Fig. 1 is a sectional view of a scroll compressor according to an embodiment of the present invention, Fig. 2 is a perspective view of a main part showing the bearing frame part in the above embodiment, and Fig. 3 is a view from the upper outflow hole in the above embodiment. A characteristic diagram showing the relationship between the oil rise and the average value of the motor coil temperature with respect to the ratio of the amount of refrigerant gas flowing out. Fig. 4 shows the relationship between the oil flow rate and the average value of the motor coil temperature in relation to the ratio of the amount of refrigerant gas flowing out. A characteristic diagram showing the relationship between the coil temperature difference and the average temperature with respect to the ratio, FIG. 5 is a diagram showing the compression principle of a scroll compressor, and FIG. 6 is a sectional view of a conventional scroll compressor. ■... Fixed scroll, 2... Swinging scroll, 6
... Main shaft, 8.9... Bearing frame, 9a... Recess, 10... Rotor, 11... Stator, 12...
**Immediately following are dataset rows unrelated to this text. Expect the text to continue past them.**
-- ===== src/Firewall/Main/Screened.antt =====
-- Transactions that touch an address of the sanctions file, in a firewall that main has started.
use tx_firewall.Base.{refl, Bytes, true, none, List, ◌∷◌, ◌++◌, ◌≡◌, ◌≢◌, ok, ◌||◌, any, ◌∙◌}
use tx_firewall.Geth.{Geth, Address}
use tx_firewall.TxDecode.{Codec, Decoded, decode_raw_transaction}
use tx_firewall.Simulate.{CallFrame, simulate}
use tx_firewall.Sanctions.Listed.{Line}
use tx_firewall.Sanctions.Listed.Format.{names, load_list_checker-names}
use tx_firewall.Analysis.Touched.{touches, is_party}
use tx_firewall.JsonRpc.{Request, Json, parse_requests}
use tx_firewall.Proxy.{forwarded, handle}
use tx_firewall.Screen.{screen}
use tx_firewall.Firewall.{screener}
use tx_firewall.Firewall.Headline.{handle-listed}
use tx_firewall.Firewall.Settings.{Settings}
use tx_firewall.Firewall.Settings.Accepted.{read_settings_iff}
use tx_firewall.Firewall.Main.{
  Client, Outside, World, Screener, Server, on_outside, simulator, config, server, main,
}
use tx_firewall.Firewall.Main.Served.{IsScreener, main-IsServed}

-- Whenever the node simulates the transaction, its trace touches the address.
abbrev pub AlwaysTouches : {N : Type 0} → Geth → Client N → Address → Decoded → Type 0
AlwaysTouches {N} g node addr d =
    (n : N) (t : CallFrame)
    → (simulate node.call_context d n).0 ≡ ok t
    → (is_party g addr d || touches g addr t) ≡ true

module _ (g : Geth) {N : Type 0} (o : Outside N) (c : Codec) (j : Json) where
  screens-listed :
      (s : Settings) (n : N) (r : Screener (World N)) (lines : List Line) (addr : Address)
      (body b : Bytes) (before after : List Request) (req : Request) (d : Decoded) (w : World N)
      → IsScreener g o s n r
      → o.read_lines s.sanctions_file ≡ ok (lines, none)
      → any (names g o.quote addr) lines ≡ true
      → parse_requests j body ≡ ok (before ++ req ∷ after)
      → req.method ≡ "eth_sendRawTransaction"
      → decode_raw_transaction c req.params ≡ ok d
      → AlwaysTouches g (o.client s.upstream_url) addr d
      → (handle c (screen g r.sim r.engine) j (ok body) w).0 ≢ forwarded b
  unfolding config screener simulator on_outside
  screens-listed s n r lines addr body b before after req d w made file named parsed sends decodes
        touches_ =
      let (is_named, _) =
        load_list_checker-names g o.quote s.sanctions_file lines made.list addr
          (rw file at made.loaded) in
      rw (← made.simulates) (
        handle-listed g (config g o s made.list made.oracle) made.list r.engine c j addr body b
          before after req d w refl made.built (is_named ∙ named) parsed sends decodes
          (λ w' t e. touches_ w'.outside t e))

  pub main-listed :
      (n : N) (srv : Server N) (lines : List Line) (addr : Address) (body b : Bytes)
      (before after : List Request) (req : Request) (d : Decoded) (w : World N)
      → (main g o c j n).0 ≡ ok srv
      → o.read_lines (o.env "SANCTIONS_FILE") ≡ ok (lines, none)
      → any (names g o.quote addr) lines ≡ true
      → parse_requests j body ≡ ok (before ++ req ∷ after)
      → req.method ≡ "eth_sendRawTransaction"
      → decode_raw_transaction c req.params ≡ ok d
      → AlwaysTouches g (o.client (o.env "UPSTREAM_URL")) addr d
      → (srv.handler (ok body) w).0 ≢ forwarded b
  unfolding server
  main-listed n srv lines addr body b before after req d w started file named parsed sends decodes
        touches_ =
      let run = main-IsServed g o c j n started in
      let spelled = (read_settings_iff o.env o.slog o.parse_url run.settings).0 run.read in
      rw (← run.served) (
        screens-listed run.settings run.n₃ run.screener lines addr body b before after req d w
          run.screens (rw spelled.names_file at file) named parsed sends decodes
          (rw spelled.names_url at touches_))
Shell, 16... Suction pipe, 29... Diversion chamber, 30... Upper outflow hole, 31... Lower outflow hole,
32... Side outflow hole. Note that the same reference numerals in the figures indicate the same or equivalent parts. Agent Masuo Oiwa 2 Figure 1 Figure 5 (a) (d) 3 Figure 4 Lateral diversion gas amount 6 Figure 1, Indication of the incident Patent application No. 1983-310327 2, Title of the invention Scroll compressor 3, relationship to the case of the person making the amendment Patent applicant address 2-2-3 Marunouchi, Chiyoda-ku, Tokyo Name (601) Moriya Shiki 4, representative of Mitsubishi Electric Corporation, person making the amendment Target 6, Contents of amendment (1) “Leading to...” on page 9, line 14 of the specification
...while being cooled down," should be corrected to "while being guided by and transported to the compression chamber." (2) On page 9, lines 16 and 17, "some parts are guided and cooled" is replaced with "some parts are guided,
The lower part of the motor is cooled and further corrected. (3) In page 9, line 19, "a part of the fluid is guided and cooled" is replaced with "a part of the fluid is guided and the working fluid is distributed in a diversion chamber to cool the upper part of the motor, and "Because it flows inside," he corrects. (4) Correct ``by reducing the amount'' in the 9th true, line 20 to ``the amount decreases.'' (5) Since r decreases and Ji decreases in lines 1 and 2 of page 10, the correction is made as follows. (6) Correct "S raising amount" in the 10th true second line to "@ raising amount". (7) On page 14, lines 17-18, amend "because it becomes difficult to produce" to "because it becomes difficult to produce." (8) Correct Figure 5 as shown in the attached sheet. 7. Attached document catalog page 1
General chart or above

Claims (1)

[Claims] a compression mechanism that combines a fixed scroll and an oscillating scroll; a main shaft that drives the oscillating scroll;
A rotor and a stator of a motor unit that drives the main shaft, a first bearing frame that supports the oscillating scroll in the axial direction via a bearing, and a second bearing that supports the main shaft in the radial direction via a bearing. The frame and the compression mechanism are disposed in the upper part of the interior and fixed on the outer peripheral surface of the first bearing frame, and the rotor and the stator are arranged in the lower part of the interior and fixed on the outer peripheral surface of the second bearing frame. a closed shell having a suction pipe that is fixedly fixed and sucks working fluid; and a closed shell that is provided in the shell so as to communicate with the suction pipe, and that connects the working fluid sucked from the suction pipe with the compression mechanism section above and below. a scroll compressor comprising: a stator and a rotor section; and a diversion chamber having an outflow hole leading to an upper coil end section of the stator on the side.